A pesar de no ser un país con una tradición migratoria como otros de la región, sí tenemos una tradición de exilio político y de destierro. Lo decía Andrés Eloy Blanco (1955) en un verso del poemario Giraluna: que Venezuela algo tenía y no se sabía dónde “[…] si en la leche, en la sangre o en la placenta, que el hijo vil se le eterniza adentro y el hijo grande se le muere afuera”1, refiriéndose evidentemente al deceso en el destierro de muchos próceres: Francisco de Miranda (España) Simón Bolívar (Colombia) Simón Rodríguez (Perú), Antonio José de Sucre (Colombia) y Andrés Bello (Chile). Se me ocurre incrementar la lista con José Rafael Pocaterra que murió en Canadá, Rufino Blanco Fombona que murió en Argentina, Rómulo Betancourt que murió en Estados Unidos y hasta el mismo poeta, que murió en México. La lista es más extensa y aunque no todos murieron perseguidos, sí que todos, los mencionados, coinciden fatalmente en haber sido desterrados del país en alguna etapa de sus vidas. Podemos concluir, vista la evidencia, que Venezuela posee una amplia tradición de destierro. En las obras de la mayoría de ellos está presente la marca del desarraigo forzoso, el dolor por la ausencia de libertades y el desprecio al caudillo de turno. Allí tenemos un acervo de categorías, adjetivos y significantes a modo de cicatrices, para encontrar cobijo en los momentos de insomnio y vigilia que produce nuestro propio destierro.

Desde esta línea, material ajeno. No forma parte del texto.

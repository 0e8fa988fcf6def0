-- ===== src/Tests/Argo.antt =====
-- Examples for controllers/gitops_reconciler.go.
use workshop_operator.Build.Roles.{new_role}
use workshop_operator.Build.Cluster.{new_role_binding_users, new_namespace}
use workshop_operator.Kube.Idiom.{
  delete_or_return, update_or_return, create_or_exists, create_err, get_object,
}
use workshop_operator.Util.{is_intersect_map, string_in_slice}
use workshop_operator.Kube.Merge.{merge}
use workshop_operator.Build.Workloads.{new_string_data_secret, new_config_map}
use workshop_operator.Kube.Watch.{get_deployment_status, wait_for_deployment}
use workshop_operator.CertManager.{requeue_if_failed}
use workshop_operator.InstallPlan.{approve_install_plan, set_approved, can_approve}
use workshop_operator.Build.Subscriptions.{new_red_hat_subscription}
use workshop_operator.Prelude.{
  ◌≡◌, refl, ℕ, ◌<>◌, ◌&&◌, none, some, List, [], ◌∷◌, lookup, leb, if◌then◌else◌, digits, digit,
  itoa, true, String, elem,
}
use workshop_operator.Kube.Object.{Object, subscription_spec, namespace_spec}
use workshop_operator.Kube.Flow.{
  success, is_requeued, return_if, give_back, propagate, function, ◌>>=◌, pure,
}
use workshop_operator.Kube.Release.{release, release_in_namespace}
use workshop_operator.Kube.Memory.{
  memory, memory-IsLawful, is_there, without, number, same, find, present_lem,
}
use workshop_operator.Kube.Installs.{AllPresent}
use workshop_operator.Kube.Removes.{Removed}
use workshop_operator.Build.Base.{object_meta}
use workshop_operator.Build.Resources.{
  new_red_hat_cluster_service_version, new_app_project_custom_resource, new_argo_cd_custom_resource,
}
use workshop_operator.Build.GitOps.{Gathered, gather, nothing_gathered}
use workshop_operator.Project.{project_username}
use workshop_operator.GitOps.{
  reconcile_git_ops, delete_git_ops, add_accounts, add_git_ops,
  delete_argocd_default_cluster_config_secret, manage_argocd_default_cluster_config_secret,
  add_account, hash, argocd_namespace_ref,
}
use workshop_operator.GitOps.Objects.{
  git_ops_refs, reconcile_git_ops-AllPresent, reconcile_git_ops-keeps,
}
use workshop_operator.GitOps.Deletion.{deleted_git_ops_refs, delete_git_ops-Removed}
use workshop_operator.GitOps.Accounts.{policies, add_accounts-gathers, account_names}
use workshop_operator.Tests.{two_users, deployment_of}

-- The operator is subscribed to and running, and so is the server of Argo CD; the namespace has the
-- finalizer that each namespace has.
abbrev running : List Object
running =
    record {
      meta = object_meta "openshift-gitops-operator" "openshift-operators" [];
      spec =
          subscription_spec
            (record {
              catalog_source = "redhat-operators";
              catalog_source_namespace = "openshift-marketplace";
              package_name = "openshift-gitops-operator";
              channel = "stable";
              starting_csv = "v1.2.0";
              install_plan_approval = "Manual";
            })
            (record { installed_csv = "v1.2.0"; install_plan_ref = none });
    }
    ∷ record { meta = object_meta "argocd" "" []; spec = namespace_spec ("kubernetes" ∷ []) }
    ∷ deployment_of "gitops-operator" "openshift-operators"
    ∷ deployment_of "argocd-server" "argocd"
    ∷ new_red_hat_cluster_service_version "v1.2.0" "openshift-operators"
    ∷ []

reconcile_git_ops-AllPresent_example :
    AllPresent memory memory-IsLawful
      (reconcile_git_ops memory two_users 1 ".example.com" "https://console" running).1
      (git_ops_refs two_users 1)
unfolding reconcile_git_ops function ◌>>=◌ propagate add_git_ops create_or_exists is_there find same
    new_red_hat_subscription approve_install_plan get_object requeue_if_failed wait_for_deployment
    get_deployment_status new_namespace hash new_argo_cd_custom_resource new_config_map
    new_string_data_secret manage_argocd_default_cluster_config_secret can_approve set_approved
    give_back is_requeued pure return_if create_err update_or_return number merge lookup
    is_intersect_map string_in_slice new_app_project_custom_resource
    new_red_hat_cluster_service_version new_role new_role_binding_users
reconcile_git_ops-AllPresent_example =
    reconcile_git_ops-AllPresent memory memory-IsLawful two_users 1 ".example.com" "https://console"
      running success refl refl refl

-- What `addGitOps` leaves.
abbrev with_argocd : List Object
with_argocd = (add_git_ops memory two_users 1 ".example.com" "https://console" running).1

delete_git_ops-Removed_example :
    Removed memory memory-IsLawful
      (deleted_git_ops_refs two_users 1)
      with_argocd
      (delete_git_ops memory two_users 1 ".example.com" "https://console" with_argocd).1
unfolding delete_git_ops function ◌>>=◌ hash propagate delete_argocd_default_cluster_config_secret
    delete_or_return is_there find add_git_ops create_or_exists same new_red_hat_subscription
    approve_install_plan get_object requeue_if_failed wait_for_deployment new_namespace
    new_role_binding_users new_app_project_custom_resource new_argo_cd_custom_resource
    new_red_hat_cluster_service_version new_role new_config_map new_string_data_secret
    manage_argocd_default_cluster_config_secret can_approve set_approved give_back is_requeued pure
    return_if create_err update_or_return number merge get_deployment_status lookup digit digits
    itoa is_intersect_map string_in_slice without release_in_namespace release
delete_git_ops-Removed_example =
    delete_git_ops-Removed memory memory-IsLawful two_users 1 ".example.com" "https://console"
      with_argocd success refl refl

-- The accounts of one user.
abbrev one_account : Gathered
one_account = gather "user1" "project1" "hashed" 1 nothing_gathered

add_accounts-gathers_example :
    (one_account.argocd_policy ≡ policies two_users 1 1)
    × ((i : ℕ)
        → lookup ("accounts." <> project_username i) one_account.config_map_content
          ≡ (if leb 1 i && leb i 1 then some "login" else none))
    × ((key : String)
        → lookup key one_account.config_map_content
          ≡ (if elem key (account_names 1 1) then some "login" else none))
unfolding add_accounts ◌>>=◌ add_account create_err merge is_there find create_or_exists same
    new_app_project_custom_resource new_role new_role_binding_users itoa
add_accounts-gathers_example = add_accounts-gathers two_users "hashed" memory 1 one_account [] refl

reconcile_git_ops-keeps_example :
    memory-IsLawful.present
      (reconcile_git_ops memory two_users 2 ".example.com" "https://console" running).1
      argocd_namespace_ref
    ≡ true
unfolding is_there find same number
reconcile_git_ops-keeps_example =
    reconcile_git_ops-keeps memory memory-IsLawful two_users 2 ".example.com" "https://console"
      running argocd_namespace_ref (present_lem argocd_namespace_ref running refl)
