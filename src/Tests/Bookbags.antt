-- ===== src/Tests/Bookbags.antt =====
-- Examples for controllers/bookbag_reconciler.go.
use workshop_operator.Kube.Idiom.{
  delete_or_return, update_or_return, create_or_exists, get_object, create_err,
}
use workshop_operator.Build.Bookbag.{new_bookbag_deployment}
use workshop_operator.Kube.Deploy.{store_deployment, update_changed, env_changed, update_if}
use workshop_operator.Build.Cluster.{new_role_binding_sa, new_namespace}
use workshop_operator.Build.Workloads.{new_service_account, new_config_map, new_service, new_route}
use workshop_operator.Kube.Rounds.{rounds_from}
use workshop_operator.Prelude.{◌≡◌, refl, List, [], ◌∷◌, ◌++◌, arith, digits, digit, itoa}
use workshop_operator.Kube.Object.{Object, namespace, route}
use workshop_operator.Kube.Flow.{
  Return, success, next, is_requeued, return_if, give_back, propagate, function, ◌>>=◌, pure,
}
use workshop_operator.Kube.Memory.{
  memory, memory-IsLawful, memory-AnswersReads, absent_lem, is_there, without, number, same, find,
}
use workshop_operator.Kube.Valid.{memory-Validates, valid_lem}
use workshop_operator.Kube.Installs.{AllPresent}
use workshop_operator.Kube.Removes.{Removed}
use workshop_operator.Bookbag.{
  reconcile_bookbag, delete_bookbag, add_update_bookbag, bookbag_name, looked_up, bookbag_route,
}
use workshop_operator.Bookbag.Objects.{bookbag_refs, reconcile_bookbag-AllPresent, guide_ref}
use workshop_operator.Bookbag.Termination.{reconcile_bookbag-returns}
use workshop_operator.Bookbag.Deletion.{
  deleted_refs, delete_bookbag-returns, delete_bookbag-Removed,
}
use workshop_operator.Tests.{two_users}

-- Three rounds: two users, and the read that finds nothing.
reconcile_bookbag-AllPresent_example :
    AllPresent memory memory-IsLawful
      (reconcile_bookbag memory two_users 3 2 ".example.com" "https://console" []).1
      (bookbag_refs 2)
unfolding reconcile_bookbag function ◌>>=◌ rounds_from propagate add_update_bookbag create_or_exists
    is_there find same new_namespace new_config_map itoa new_service_account new_role_binding_sa
    create_err store_deployment new_bookbag_deployment new_route new_service env_changed
    update_changed update_if give_back is_requeued pure return_if get_object update_or_return number
    digit digits
reconcile_bookbag-AllPresent_example =
    reconcile_bookbag-AllPresent memory memory-IsLawful two_users 2 refl ".example.com"
      "https://console" 3 [] success refl refl 2 (omega arith) (omega arith)

reconcile_bookbag-returns_example :
    (r : Return) × ((reconcile_bookbag memory two_users 3 2 ".example.com" "https://console" []).0
      ≡ next r)
unfolding is_there find
reconcile_bookbag-returns_example =
    reconcile_bookbag-returns memory memory-IsLawful memory-AnswersReads memory-Validates two_users
      3 2 ".example.com" "https://console" [] (omega arith) (absent_lem (looked_up 3) [] refl)
      (valid_lem [] tt)

-- The route of the first bookbag.
abbrev one_route : List Object
one_route = bookbag_route (bookbag_name "1") ∷ []

delete_bookbag-returns_example :
    (r : Return) × ((delete_bookbag memory two_users 3 2 ".example.com" "https://console"
        one_route).0
      ≡ next r)
unfolding is_there find same number itoa new_route
delete_bookbag-returns_example =
    delete_bookbag-returns memory memory-IsLawful two_users 3 2 ".example.com" "https://console"
      one_route (omega arith) (absent_lem (guide_ref route (bookbag_name (itoa 3))) one_route refl)

abbrev a_bookbag : List Object
a_bookbag = (add_update_bookbag memory two_users "1" ".example.com" "https://console" []).1

delete_bookbag-Removed_example :
    Removed memory memory-IsLawful
      (deleted_refs (bookbag_name "1")
        ++ record { kind = namespace; namespace_name = ""; name = "workshop-guides" } ∷ [])
      a_bookbag
      (delete_bookbag memory two_users 1 2 ".example.com" "https://console" a_bookbag).1
unfolding delete_bookbag function ◌>>=◌ delete_or_return is_there find add_update_bookbag
    create_or_exists same new_namespace new_config_map new_service_account new_role_binding_sa
    create_err store_deployment new_bookbag_deployment new_service new_route env_changed
    update_changed update_if give_back pure get_object update_or_return number digit digits itoa
    without is_requeued
delete_bookbag-Removed_example =
    delete_bookbag-Removed memory memory-IsLawful two_users 1 2 ".example.com" "https://console"
      a_bookbag success refl refl
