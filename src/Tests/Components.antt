-- ===== src/Tests/Components.antt =====
-- Examples for the portal and the cert manager.
use workshop_operator.Prelude.{refl, none, List, [], ◌∷◌, ◌++◌}
use workshop_operator.Kube.Object.{Object, subscription_spec}
use workshop_operator.Kube.Flow.{success, is_requeued, ◌>>=◌, function, propagate}
use workshop_operator.Kube.Idiom.{create_or_exists, create_err, delete_or_return, get_object}
use workshop_operator.Kube.Memory.{memory, memory-IsLawful, find, is_there, same, without}
use workshop_operator.Kube.Installs.{AllPresent}
use workshop_operator.Kube.Removes.{Removed}
use workshop_operator.Build.Base.{object_meta}
use workshop_operator.Build.Cluster.{new_namespace}
use workshop_operator.InstallPlan.{approve_install_plan}
use workshop_operator.Portal.{
  delete_portal, delete_redis, delete_username_distribution, reconcile_portal, add_redis,
  add_update_username_distribution, guide_names,
}
use workshop_operator.Kube.Deploy.{store_deployment}
use workshop_operator.Portal.Deletion.{deleted_refs, delete_portal-Removed}
use workshop_operator.Portal.Objects.{
  redis_refs, username_distribution_refs, reconcile_portal-AllPresent,
}
use workshop_operator.Build.Workloads.{
  new_string_data_secret, new_persistent_volume_claim, new_service, new_secured_route,
}
use workshop_operator.Build.Deployments.{new_redis_deployment, new_portal_deployment}
use workshop_operator.CertManager.{
  reconcile_cert_manager, add_cert_manager, requeue_if_failed, delete_cert_manager,
  new_custom_resource, cert_manager_resource, cert_manager_namespace_name,
}
use workshop_operator.CertManager.Objects.{
  cert_manager_refs, deleted_cert_manager_refs, reconcile_cert_manager-AllPresent,
  delete_cert_manager-Removed,
}
use workshop_operator.Build.Subscriptions.{new_certified_subscription}
use workshop_operator.Tests.{two_users}

reconcile_portal-AllPresent_example :
    AllPresent memory memory-IsLawful
      (reconcile_portal memory (λ text. text) two_users 2 ".example.com" "https://console" []).1
      (redis_refs two_users ++ username_distribution_refs two_users)
unfolding reconcile_portal add_redis add_update_username_distribution function ◌>>=◌ propagate
    create_or_exists create_err is_requeued is_there find same new_string_data_secret
    new_persistent_volume_claim store_deployment new_redis_deployment new_service guide_names
    new_portal_deployment new_secured_route
reconcile_portal-AllPresent_example =
    reconcile_portal-AllPresent memory memory-IsLawful (λ text. text) two_users 2 ".example.com"
      "https://console" [] success refl refl

-- The subscription to the cert manager, with the wanted version installed.
abbrev subscribed : List Object
subscribed =
    record {
      meta = object_meta "cert-manager-operator" "openshift-operators" [];
      spec =
          subscription_spec
            (record {
              catalog_source = "certified-operators";
              catalog_source_namespace = "openshift-marketplace";
              package_name = "cert-manager-operator";
              channel = "stable";
              starting_csv = "v1.2.0";
              install_plan_approval = "Manual";
            })
            (record { installed_csv = "v1.2.0"; install_plan_ref = none });
    }
    ∷ []

reconcile_cert_manager-AllPresent_example :
    AllPresent memory memory-IsLawful
      (reconcile_cert_manager memory two_users subscribed).1
      cert_manager_refs
unfolding reconcile_cert_manager add_cert_manager approve_install_plan requeue_if_failed function
    ◌>>=◌ propagate create_or_exists get_object is_requeued is_there find same new_namespace
    new_certified_subscription new_custom_resource
reconcile_cert_manager-AllPresent_example =
    reconcile_cert_manager-AllPresent memory memory-IsLawful two_users subscribed success refl refl
      refl

-- The three objects of the cert manager.
abbrev cert_manager_objects : List Object
cert_manager_objects =
    cert_manager_resource ∷ new_namespace cert_manager_namespace_name ∷ subscribed

delete_cert_manager-Removed_example :
    Removed memory memory-IsLawful deleted_cert_manager_refs cert_manager_objects
      (delete_cert_manager memory two_users cert_manager_objects).1
unfolding delete_cert_manager function ◌>>=◌ delete_or_return is_requeued is_there find same without
    new_namespace new_certified_subscription new_custom_resource
delete_cert_manager-Removed_example =
    delete_cert_manager-Removed memory memory-IsLawful two_users cert_manager_objects success refl
      refl

-- What `reconcilePortal` leaves.
abbrev portal_objects : List Object
portal_objects =
    (reconcile_portal memory (λ text. text) two_users 2 ".example.com" "https://console" []).1

delete_portal-Removed_example :
    Removed memory memory-IsLawful
      (deleted_refs two_users)
      portal_objects
      (delete_portal memory
        (λ text. text)
        two_users
        2
        ".example.com"
        "https://console"
        portal_objects).1
unfolding delete_portal delete_username_distribution delete_redis reconcile_portal add_redis
    add_update_username_distribution function ◌>>=◌ propagate create_or_exists create_err
    delete_or_return get_object is_requeued is_there find same without new_string_data_secret
    new_persistent_volume_claim store_deployment new_redis_deployment new_service guide_names
    new_portal_deployment new_secured_route
delete_portal-Removed_example =
    delete_portal-Removed memory memory-IsLawful (λ text. text) two_users 2 ".example.com"
      "https://console" portal_objects success refl refl
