-- ===== src/Tests/Meshes.antt =====
-- Examples for controllers/servicemesh_reconciler.go.
use workshop_operator.Kube.Release.{release_in_namespace, release}
use workshop_operator.Kube.Idiom.{
  delete_or_return, update_or_return, create_or_exists, create_err, get_object,
}
use workshop_operator.Util.{string_in_slice}
use workshop_operator.Kube.Watch.{get_deployment_status, wait_for_deployment}
use workshop_operator.Kube.Same.{subjects_change, with_subjects, same_subjects, same_texts, differs}
use workshop_operator.Kube.Merge.{merge}
use workshop_operator.Build.Roles.{new_role}
use workshop_operator.Build.Cluster.{new_role_binding_users, new_namespace}
use workshop_operator.Kube.Flow.{
  is_requeued, return_if, give_back, propagate, function, success, ◌>>=◌, pure,
}
use workshop_operator.CertManager.{requeue_if_failed}
use workshop_operator.InstallPlan.{
  approve_install_plan, set_approved, can_approve, subscription_ref,
}
use workshop_operator.Build.Subscriptions.{new_red_hat_subscription}
use workshop_operator.Prelude.{
  refl, String, List, [], ◌∷◌, inr, ◌++◌, none, digits, digit, itoa, ◌≡◌, true,
}
use workshop_operator.Kube.Object.{Object, subscription_spec, namespace_spec, kiali_spec}
use workshop_operator.Kube.Memory.{
  memory, memory-IsLawful, is_there, without, number, same, find, present_lem,
}
use workshop_operator.Kube.Installs.{AllPresent}
use workshop_operator.Kube.Removes.{Removed}
use workshop_operator.Build.Base.{object_meta}
use workshop_operator.Build.Mesh.{
  mesh_validating_webhook, mesh_mutating_webhook, member_roll, control_plane,
  mesh_user_role_binding, jaeger_role_binding, jaeger_role, new_service_mesh_control_plane_cr,
  new_service_mesh_member_roll_cr,
}
use workshop_operator.Build.Resources.{new_red_hat_cluster_service_version}
use workshop_operator.ServiceMesh.{
  InstalledVersions, reconcile_service_mesh, delete_service_mesh_service,
  delete_elastic_search_operator, delete_istio_system_namespace, add_elastic_search_operator,
  delete_jaeger_subscription, delete_kiali_subscription, patch_istio_project, delete_service_mesh,
  add_jaeger_operator, add_kiali_operator, add_service_mesh, delete_csv, subscribe, get_csv,
}
use workshop_operator.ServiceMesh.Objects.{
  service_mesh_refs, reconcile_service_mesh-AllPresent, reconcile_service_mesh-keeps,
}
use workshop_operator.ServiceMesh.Deletion.{
  deleted_service_mesh_refs, delete_service_mesh_service-Removed,
}
use workshop_operator.Tests.{two_users, deployment_of}

abbrev subscribed : (name namespace_name installed_csv : String) → Object
subscribed name namespace_name installed_csv = record {
  meta = object_meta name namespace_name [];
  spec =
      subscription_spec
        (record {
          catalog_source = "redhat-operators";
          catalog_source_namespace = "openshift-marketplace";
          package_name = name;
          channel = "stable";
          starting_csv = "v1.2.0";
          install_plan_approval = "Manual";
        })
        (record { installed_csv = installed_csv; install_plan_ref = none });
}

abbrev space : (name : String) → Object
space name = record { meta = object_meta name "" []; spec = namespace_spec ("kubernetes" ∷ []) }

-- The four operators are subscribed to, and that of Istio is running.
abbrev operators : (kiali_csv mesh_csv : String) → List Object
operators kiali_csv mesh_csv =
    subscribed "elasticsearch-operator-stable" "openshift-operators-redhat" "v1.2.0"
    ∷ subscribed "jaeger-product" "openshift-operators" "v1.2.0"
    ∷ subscribed "kiali-ossm" "openshift-operators" kiali_csv
    ∷ subscribed "servicemeshoperator" "openshift-operators" mesh_csv
    ∷ deployment_of "istio-operator" "openshift-operators"
    ∷ []

reconcile_service_mesh-AllPresent_example :
    AllPresent memory memory-IsLawful
      (reconcile_service_mesh memory two_users 1 (operators "v1.2.0" "v1.2.0")).1
      (service_mesh_refs two_users)
unfolding reconcile_service_mesh function ◌>>=◌ propagate add_elastic_search_operator
    create_or_exists is_there find same new_namespace subscribe new_red_hat_subscription
    approve_install_plan get_object requeue_if_failed is_requeued add_jaeger_operator
    add_kiali_operator new_role_binding_users new_service_mesh_control_plane_cr
    new_service_mesh_member_roll_cr new_role can_approve set_approved give_back pure return_if
    create_err update_or_return number merge differs same_subjects same_texts subjects_change
    with_subjects get_deployment_status wait_for_deployment digit digits itoa add_service_mesh
    string_in_slice
reconcile_service_mesh-AllPresent_example =
    reconcile_service_mesh-AllPresent memory memory-IsLawful two_users 1
      (operators "v1.2.0" "v1.2.0") success (inr refl) refl refl

-- The objects of the mesh, with versions installed.
abbrev installed : List Object
installed =
    operators "v1.3.0" "v1.4.0"
    ++ member_roll []
      ∷ control_plane
      ∷ mesh_user_role_binding []
      ∷ jaeger_role_binding []
      ∷ jaeger_role
      ∷ mesh_validating_webhook
      ∷ mesh_mutating_webhook
      ∷ new_red_hat_cluster_service_version "v1.2.0" "openshift-operators"
      ∷ new_red_hat_cluster_service_version "v1.3.0" "openshift-operators"
      ∷ new_red_hat_cluster_service_version "v1.4.0" "openshift-operators"
      ∷ space "istio-system"
      ∷ space "openshift-operators-redhat"
      ∷ record { meta = object_meta "kiali" "istio-system" []; spec = kiali_spec }
      ∷ []

abbrev versions : InstalledVersions
versions = record { service_mesh = "v1.4.0"; jaeger = "v1.2.0"; kiali = "v1.3.0"; error = none }

delete_service_mesh_service-Removed_example :
    Removed memory memory-IsLawful
      (deleted_service_mesh_refs two_users versions)
      installed
      (delete_service_mesh_service memory two_users 0 installed).1
unfolding delete_service_mesh_service get_csv ◌>>=◌ get_object find same function propagate
    delete_service_mesh delete_or_return is_there new_service_mesh_member_roll_cr
    new_service_mesh_control_plane_cr new_role_binding_users without new_role
    new_red_hat_subscription is_requeued new_namespace new_red_hat_cluster_service_version give_back
    pure return_if number release release_in_namespace digit digits itoa delete_csv
    delete_elastic_search_operator delete_istio_system_namespace delete_jaeger_subscription
    delete_kiali_subscription patch_istio_project
delete_service_mesh_service-Removed_example =
    delete_service_mesh_service-Removed memory memory-IsLawful two_users 0 versions installed
      success refl refl refl

-- The run asks to be called again here: the version of Kiali is not the wanted one, and there is no
-- plan to approve.
reconcile_service_mesh-keeps_example :
    memory-IsLawful.present
      (reconcile_service_mesh memory two_users 2 installed).1
      (subscription_ref "kiali-ossm" "openshift-operators")
    ≡ true
unfolding is_there find same number
reconcile_service_mesh-keeps_example =
    reconcile_service_mesh-keeps memory memory-IsLawful two_users 2 installed
      (subscription_ref "kiali-ossm" "openshift-operators")
      (present_lem (subscription_ref "kiali-ossm" "openshift-operators") installed refl)
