-- ===== src/Util/Maps.antt =====
-- `IsIntersectMap` against containment of maps.
use workshop_operator.Prelude.{
  ◌≡◌, ◌⊎◌, ◌↔◌, refl, String, true, [], ◌∷◌, StringMap, lookup, Option, none, some, All, arith,
  eq_iff, inl, inr,
}
use workshop_operator.Util.{is_intersect_map, value_or_empty}

-- The entry stands in the map, or its value is empty and its key is missing there.
abbrev pub Agrees : StringMap String → String × String → Type 0
Agrees whole_map (k, v) = (lookup k whole_map ≡ some v) ⊎ ((lookup k whole_map ≡ none) × (v ≡ ""))

agrees :
    (o : Option String) (v : String) → value_or_empty o ≡ v → (o ≡ some v) ⊎ ((o ≡ none) × (v ≡ ""))
agrees none v h = inr (refl, ground arith)
agrees (some u) v h = inl (ground arith)

agreed :
    (o : Option String) (v : String) → (o ≡ some v) ⊎ ((o ≡ none) × (v ≡ "")) → value_or_empty o ≡ v
agreed o v h = ground arith

-- The test passes exactly when every entry of the first map stands in the second, or has an
-- empty value and a key that the second map lacks.
pub is_intersect_map-Agrees :
    (sub_map whole_map : StringMap String)
    → (is_intersect_map sub_map whole_map ≡ true) ↔ All (Agrees whole_map) sub_map
unfolding is_intersect_map
is_intersect_map-Agrees [] whole_map = (λ h. tt, λ h. refl)
is_intersect_map-Agrees ((k, v) ∷ sub_map) whole_map =
    let tail = is_intersect_map-Agrees sub_map whole_map in
    let same = eq_iff (value_or_empty (lookup k whole_map)) v in
    (
      λ h. (agrees (lookup k whole_map) v (ground (arith, same)), tail.0 (ground (arith, same))),
      λ (h, t). ground (arith, same, agreed (lookup k whole_map) v h, tail.1 t),
    )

La enumeración anterior de personajes históricos rompe con el mito de una Venezuela sin tradición de emigración, ya que el destierro es quizás la forma más injusta y radical de esta.

La gran novedad de ahora es que mientras en aquel momento el destierro era consecuencia del liderazgo político, ahora es producto de la vocación por existir. La exposición al espacio público de los escritores y políticos antes mencionados, producía su persecución. El desaliento de la cárcel y el exilio era superado por el deseo de un porvenir como servidor público y el afán de dirigir un proyecto de país. Esta no es la situación de los más de siete millones de venezolanos desterrados durante estos años. Por eso, en alguna participación académica anterior, elaboré la noción de destierro político. Porque de lo que se trata en esta última fase del chavismo, que comienza con el régimen de Nicolás Maduro, no es de suspender el ejercicio de la política en su sentido clásico, sino la conculcación de los derechos más elementales del ciudadano que habita la polis. De lo que se trata la fase más lograda del proyecto chavista es de generar en las grandes mayorías la suspensión de derechos elementales como el derecho a la identidad (obtener un pasaporte o una partida de nacimiento), o el derecho al debido proceso (respeto a los derechos humanos y presunción de inocencia).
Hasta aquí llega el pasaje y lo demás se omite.